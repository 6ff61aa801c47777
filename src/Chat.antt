-- ===== src/Chat.antt =====
-- The chat of an order (apps/api/src/modules/chat).
pub mod Thread
pub mod Paging
pub mod Notices
mod Tests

○ ○ ○ ○ ○ ○ ○

PROBLEM REQUIREMENTS:
An exact reproduction of all the entries, complete to the last line, is needed.

ANSWER:
repository 6ff61aa801c47777
filename src/Chat.antt
-- ===== src/Chat.antt =====
-- The chat of an order (apps/api/src/modules/chat).
pub mod Thread
pub mod Paging
pub mod Notices
mod Tests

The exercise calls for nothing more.